| Your goal |
When the line containing "pub rest_notify : AllNotify g.iter" appears in the data below, begin copying there and stop only after the line containing "rw (e, run)".

| Source records |
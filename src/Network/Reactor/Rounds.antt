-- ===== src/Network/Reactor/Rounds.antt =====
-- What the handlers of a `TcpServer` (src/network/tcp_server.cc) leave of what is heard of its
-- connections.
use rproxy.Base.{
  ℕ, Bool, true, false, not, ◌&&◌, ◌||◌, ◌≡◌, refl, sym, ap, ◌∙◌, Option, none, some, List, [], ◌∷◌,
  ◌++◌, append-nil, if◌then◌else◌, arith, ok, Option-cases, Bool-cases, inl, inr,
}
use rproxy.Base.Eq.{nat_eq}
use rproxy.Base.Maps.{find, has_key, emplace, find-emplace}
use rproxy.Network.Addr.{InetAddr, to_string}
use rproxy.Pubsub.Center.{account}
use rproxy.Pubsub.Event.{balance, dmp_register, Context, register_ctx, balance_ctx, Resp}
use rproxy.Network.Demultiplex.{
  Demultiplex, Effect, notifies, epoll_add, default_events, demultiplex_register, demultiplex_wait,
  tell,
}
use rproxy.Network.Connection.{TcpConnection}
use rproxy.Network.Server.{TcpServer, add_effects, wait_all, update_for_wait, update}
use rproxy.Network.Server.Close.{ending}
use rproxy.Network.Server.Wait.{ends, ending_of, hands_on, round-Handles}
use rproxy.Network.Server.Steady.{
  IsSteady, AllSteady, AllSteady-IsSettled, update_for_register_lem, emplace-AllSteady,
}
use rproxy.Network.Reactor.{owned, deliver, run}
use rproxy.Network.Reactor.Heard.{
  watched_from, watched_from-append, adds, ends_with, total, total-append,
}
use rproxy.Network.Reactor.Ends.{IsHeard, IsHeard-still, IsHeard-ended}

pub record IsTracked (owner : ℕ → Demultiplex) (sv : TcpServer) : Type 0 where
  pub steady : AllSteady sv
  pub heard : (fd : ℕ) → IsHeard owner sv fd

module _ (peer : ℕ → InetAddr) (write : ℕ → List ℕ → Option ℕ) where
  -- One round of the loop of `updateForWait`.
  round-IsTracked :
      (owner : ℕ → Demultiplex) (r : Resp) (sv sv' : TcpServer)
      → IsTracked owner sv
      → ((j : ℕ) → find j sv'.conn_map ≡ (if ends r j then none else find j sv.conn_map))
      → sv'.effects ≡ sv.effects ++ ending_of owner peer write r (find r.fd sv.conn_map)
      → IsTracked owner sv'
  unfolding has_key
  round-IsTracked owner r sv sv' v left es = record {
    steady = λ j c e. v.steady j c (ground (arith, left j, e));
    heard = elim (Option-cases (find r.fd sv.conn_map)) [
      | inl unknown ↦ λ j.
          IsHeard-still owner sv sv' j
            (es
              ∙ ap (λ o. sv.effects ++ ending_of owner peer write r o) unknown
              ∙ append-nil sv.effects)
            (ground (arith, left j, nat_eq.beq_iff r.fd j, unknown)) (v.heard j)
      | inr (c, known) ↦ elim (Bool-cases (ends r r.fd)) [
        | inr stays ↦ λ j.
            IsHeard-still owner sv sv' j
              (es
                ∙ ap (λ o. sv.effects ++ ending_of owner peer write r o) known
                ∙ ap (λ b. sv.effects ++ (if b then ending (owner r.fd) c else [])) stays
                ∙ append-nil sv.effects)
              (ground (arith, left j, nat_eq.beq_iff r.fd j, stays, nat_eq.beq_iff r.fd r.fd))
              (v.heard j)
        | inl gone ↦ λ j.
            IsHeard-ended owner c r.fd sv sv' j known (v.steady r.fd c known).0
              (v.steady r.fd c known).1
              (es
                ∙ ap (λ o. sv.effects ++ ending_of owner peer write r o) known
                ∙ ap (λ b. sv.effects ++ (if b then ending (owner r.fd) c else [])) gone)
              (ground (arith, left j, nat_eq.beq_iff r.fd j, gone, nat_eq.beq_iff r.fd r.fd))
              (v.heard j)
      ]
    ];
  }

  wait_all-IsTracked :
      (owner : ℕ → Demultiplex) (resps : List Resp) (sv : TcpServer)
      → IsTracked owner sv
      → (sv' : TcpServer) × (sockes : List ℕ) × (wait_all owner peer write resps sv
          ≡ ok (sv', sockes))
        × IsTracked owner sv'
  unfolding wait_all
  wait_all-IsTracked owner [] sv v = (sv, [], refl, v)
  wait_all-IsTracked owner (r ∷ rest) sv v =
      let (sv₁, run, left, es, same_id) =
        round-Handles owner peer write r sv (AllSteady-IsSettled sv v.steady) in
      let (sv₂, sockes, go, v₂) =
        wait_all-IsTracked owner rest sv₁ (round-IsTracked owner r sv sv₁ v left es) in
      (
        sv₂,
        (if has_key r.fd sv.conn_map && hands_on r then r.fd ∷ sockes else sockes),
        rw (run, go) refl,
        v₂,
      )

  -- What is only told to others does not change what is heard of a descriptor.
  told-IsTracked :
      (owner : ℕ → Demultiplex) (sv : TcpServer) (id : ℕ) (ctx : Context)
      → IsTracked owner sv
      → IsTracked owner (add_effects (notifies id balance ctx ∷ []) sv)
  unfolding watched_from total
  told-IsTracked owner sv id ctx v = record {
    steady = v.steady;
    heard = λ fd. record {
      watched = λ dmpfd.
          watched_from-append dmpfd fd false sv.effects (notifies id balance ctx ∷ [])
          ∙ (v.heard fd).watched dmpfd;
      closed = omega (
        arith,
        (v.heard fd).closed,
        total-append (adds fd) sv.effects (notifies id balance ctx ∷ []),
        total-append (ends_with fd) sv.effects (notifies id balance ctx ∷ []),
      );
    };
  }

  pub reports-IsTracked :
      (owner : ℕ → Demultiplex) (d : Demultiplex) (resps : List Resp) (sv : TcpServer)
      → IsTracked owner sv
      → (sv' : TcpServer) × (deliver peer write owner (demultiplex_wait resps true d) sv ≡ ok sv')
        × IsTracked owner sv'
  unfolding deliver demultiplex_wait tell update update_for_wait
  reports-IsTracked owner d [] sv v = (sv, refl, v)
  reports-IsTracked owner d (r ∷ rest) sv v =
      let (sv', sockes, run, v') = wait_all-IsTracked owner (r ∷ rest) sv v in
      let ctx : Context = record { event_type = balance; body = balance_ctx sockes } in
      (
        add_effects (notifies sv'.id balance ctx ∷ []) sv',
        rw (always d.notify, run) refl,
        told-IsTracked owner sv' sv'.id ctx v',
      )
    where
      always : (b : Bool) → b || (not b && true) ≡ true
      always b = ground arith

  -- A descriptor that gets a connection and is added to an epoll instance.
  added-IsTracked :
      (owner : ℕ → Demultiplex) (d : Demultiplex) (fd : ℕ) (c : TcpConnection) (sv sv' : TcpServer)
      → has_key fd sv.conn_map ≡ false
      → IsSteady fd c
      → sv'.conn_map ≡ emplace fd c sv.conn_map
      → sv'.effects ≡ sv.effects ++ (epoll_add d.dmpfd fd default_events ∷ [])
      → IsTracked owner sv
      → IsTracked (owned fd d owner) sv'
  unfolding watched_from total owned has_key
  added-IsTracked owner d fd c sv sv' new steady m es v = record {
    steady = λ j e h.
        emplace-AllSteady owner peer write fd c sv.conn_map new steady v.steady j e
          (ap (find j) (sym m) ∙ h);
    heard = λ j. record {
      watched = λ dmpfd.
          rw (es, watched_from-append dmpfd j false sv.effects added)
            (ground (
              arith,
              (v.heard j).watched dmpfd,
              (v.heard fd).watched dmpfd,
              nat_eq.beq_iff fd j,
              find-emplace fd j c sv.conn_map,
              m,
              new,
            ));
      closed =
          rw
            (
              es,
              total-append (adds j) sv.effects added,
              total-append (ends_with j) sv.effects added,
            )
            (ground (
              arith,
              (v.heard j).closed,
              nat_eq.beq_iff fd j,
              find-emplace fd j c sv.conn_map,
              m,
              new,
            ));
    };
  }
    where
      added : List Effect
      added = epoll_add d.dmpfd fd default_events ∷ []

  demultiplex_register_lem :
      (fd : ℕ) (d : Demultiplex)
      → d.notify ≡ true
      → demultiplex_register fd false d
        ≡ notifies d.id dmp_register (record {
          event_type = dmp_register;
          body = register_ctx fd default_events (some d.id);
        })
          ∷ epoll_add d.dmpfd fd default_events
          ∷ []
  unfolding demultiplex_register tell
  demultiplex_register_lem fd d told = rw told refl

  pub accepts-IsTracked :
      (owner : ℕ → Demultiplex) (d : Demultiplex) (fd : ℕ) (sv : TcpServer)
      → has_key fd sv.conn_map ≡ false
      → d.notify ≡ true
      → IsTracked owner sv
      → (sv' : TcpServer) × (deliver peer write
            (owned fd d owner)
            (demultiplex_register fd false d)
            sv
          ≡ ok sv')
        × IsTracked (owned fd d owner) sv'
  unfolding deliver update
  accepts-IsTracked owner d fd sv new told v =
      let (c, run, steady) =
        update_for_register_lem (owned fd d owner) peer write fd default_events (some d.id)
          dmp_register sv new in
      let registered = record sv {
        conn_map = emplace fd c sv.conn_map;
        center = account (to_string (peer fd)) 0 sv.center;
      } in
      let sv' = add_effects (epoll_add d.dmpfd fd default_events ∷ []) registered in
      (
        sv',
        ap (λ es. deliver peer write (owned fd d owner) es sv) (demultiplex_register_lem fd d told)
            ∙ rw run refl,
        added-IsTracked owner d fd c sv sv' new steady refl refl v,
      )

* * *

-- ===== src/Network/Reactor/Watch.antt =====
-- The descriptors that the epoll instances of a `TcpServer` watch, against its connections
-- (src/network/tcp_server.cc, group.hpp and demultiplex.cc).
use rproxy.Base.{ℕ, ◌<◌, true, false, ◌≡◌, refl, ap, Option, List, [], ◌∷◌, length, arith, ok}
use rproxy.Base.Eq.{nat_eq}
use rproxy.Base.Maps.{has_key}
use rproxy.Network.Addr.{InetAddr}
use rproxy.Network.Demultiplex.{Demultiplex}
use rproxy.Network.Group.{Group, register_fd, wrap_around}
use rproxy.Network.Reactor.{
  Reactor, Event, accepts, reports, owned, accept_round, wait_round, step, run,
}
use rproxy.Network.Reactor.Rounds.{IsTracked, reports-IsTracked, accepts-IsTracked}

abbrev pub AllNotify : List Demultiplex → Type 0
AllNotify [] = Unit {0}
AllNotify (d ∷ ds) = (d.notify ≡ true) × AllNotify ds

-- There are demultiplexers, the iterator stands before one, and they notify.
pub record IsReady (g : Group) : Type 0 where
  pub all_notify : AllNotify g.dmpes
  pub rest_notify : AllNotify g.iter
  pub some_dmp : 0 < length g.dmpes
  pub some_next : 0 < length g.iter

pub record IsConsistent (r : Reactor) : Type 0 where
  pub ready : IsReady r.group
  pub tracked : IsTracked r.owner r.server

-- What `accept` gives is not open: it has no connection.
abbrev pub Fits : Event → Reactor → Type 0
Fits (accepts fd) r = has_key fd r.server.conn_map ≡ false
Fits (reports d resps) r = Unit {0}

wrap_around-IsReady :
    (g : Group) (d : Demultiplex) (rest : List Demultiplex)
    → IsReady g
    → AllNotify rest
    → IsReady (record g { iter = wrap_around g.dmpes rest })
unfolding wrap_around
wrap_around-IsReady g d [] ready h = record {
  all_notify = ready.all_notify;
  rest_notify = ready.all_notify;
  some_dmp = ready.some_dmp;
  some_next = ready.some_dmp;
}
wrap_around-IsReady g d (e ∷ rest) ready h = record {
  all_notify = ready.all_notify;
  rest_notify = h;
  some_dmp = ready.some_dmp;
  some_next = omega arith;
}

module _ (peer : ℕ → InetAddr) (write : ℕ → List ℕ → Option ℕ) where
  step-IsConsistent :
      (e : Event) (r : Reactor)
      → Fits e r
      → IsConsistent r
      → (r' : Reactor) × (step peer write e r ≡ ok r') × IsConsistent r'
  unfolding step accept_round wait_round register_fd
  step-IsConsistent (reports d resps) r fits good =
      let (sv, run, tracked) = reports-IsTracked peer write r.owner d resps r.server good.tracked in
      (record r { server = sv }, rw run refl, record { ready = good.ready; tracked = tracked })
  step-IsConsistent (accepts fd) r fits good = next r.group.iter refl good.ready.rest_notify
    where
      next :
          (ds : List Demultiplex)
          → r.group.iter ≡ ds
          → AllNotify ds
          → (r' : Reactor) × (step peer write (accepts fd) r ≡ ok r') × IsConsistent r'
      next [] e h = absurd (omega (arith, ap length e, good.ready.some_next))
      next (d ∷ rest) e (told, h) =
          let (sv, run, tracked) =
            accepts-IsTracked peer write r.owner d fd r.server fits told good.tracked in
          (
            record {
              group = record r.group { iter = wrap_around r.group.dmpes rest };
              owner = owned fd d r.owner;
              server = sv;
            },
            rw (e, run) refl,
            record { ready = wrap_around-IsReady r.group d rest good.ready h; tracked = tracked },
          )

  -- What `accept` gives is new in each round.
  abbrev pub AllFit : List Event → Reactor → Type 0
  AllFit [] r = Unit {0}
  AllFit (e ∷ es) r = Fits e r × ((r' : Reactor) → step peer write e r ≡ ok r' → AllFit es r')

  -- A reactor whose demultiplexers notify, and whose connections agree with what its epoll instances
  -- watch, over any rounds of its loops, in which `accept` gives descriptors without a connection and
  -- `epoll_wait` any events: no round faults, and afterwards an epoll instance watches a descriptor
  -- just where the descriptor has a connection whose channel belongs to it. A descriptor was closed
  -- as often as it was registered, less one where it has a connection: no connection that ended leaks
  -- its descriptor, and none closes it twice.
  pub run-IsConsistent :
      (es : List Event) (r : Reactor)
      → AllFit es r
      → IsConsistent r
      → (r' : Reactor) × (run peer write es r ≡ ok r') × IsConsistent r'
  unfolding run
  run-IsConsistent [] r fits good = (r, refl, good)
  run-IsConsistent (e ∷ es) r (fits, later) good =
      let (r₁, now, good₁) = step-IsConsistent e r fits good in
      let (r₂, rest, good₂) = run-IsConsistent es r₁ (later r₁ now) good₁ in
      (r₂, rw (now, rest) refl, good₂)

| Task output |
  pub rest_notify : AllNotify g.iter
  pub some_dmp : 0 < length g.dmpes
  pub some_next : 0 < length g.iter

pub record IsConsistent (r : Reactor) : Type 0 where
  pub ready : IsReady r.group
  pub tracked : IsTracked r.owner r.server

-- What `accept` gives is not open: it has no connection.
abbrev pub Fits : Event → Reactor → Type 0
Fits (accepts fd) r = has_key fd r.server.conn_map ≡ false
Fits (reports d resps) r = Unit {0}

wrap_around-IsReady :
    (g : Group) (d : Demultiplex) (rest : List Demultiplex)
    → IsReady g
    → AllNotify rest
    → IsReady (record g { iter = wrap_around g.dmpes rest })
unfolding wrap_around
wrap_around-IsReady g d [] ready h = record {
  all_notify = ready.all_notify;
  rest_notify = ready.all_notify;
  some_dmp = ready.some_dmp;
  some_next = ready.some_dmp;
}
wrap_around-IsReady g d (e ∷ rest) ready h = record {
  all_notify = ready.all_notify;
  rest_notify = h;
  some_dmp = ready.some_dmp;
  some_next = omega arith;
}

module _ (peer : ℕ → InetAddr) (write : ℕ → List ℕ → Option ℕ) where
  step-IsConsistent :
      (e : Event) (r : Reactor)
      → Fits e r
      → IsConsistent r
      → (r' : Reactor) × (step peer write e r ≡ ok r') × IsConsistent r'
  unfolding step accept_round wait_round register_fd
  step-IsConsistent (reports d resps) r fits good =
      let (sv, run, tracked) = reports-IsTracked peer write r.owner d resps r.server good.tracked in
      (record r { server = sv }, rw run refl, record { ready = good.ready; tracked = tracked })
  step-IsConsistent (accepts fd) r fits good = next r.group.iter refl good.ready.rest_notify
    where
      next :
          (ds : List Demultiplex)
          → r.group.iter ≡ ds
          → AllNotify ds
          → (r' : Reactor) × (step peer write (accepts fd) r ≡ ok r') × IsConsistent r'
      next [] e h = absurd (omega (arith, ap length e, good.ready.some_next))
      next (d ∷ rest) e (told, h) =
          let (sv, run, tracked) =
            accepts-IsTracked peer write r.owner d fd r.server fits told good.tracked in
          (
            record {
              group = record r.group { iter = wrap_around r.group.dmpes rest };
              owner = owned fd d r.owner;
              server = sv;
            },
            rw (e, run) refl,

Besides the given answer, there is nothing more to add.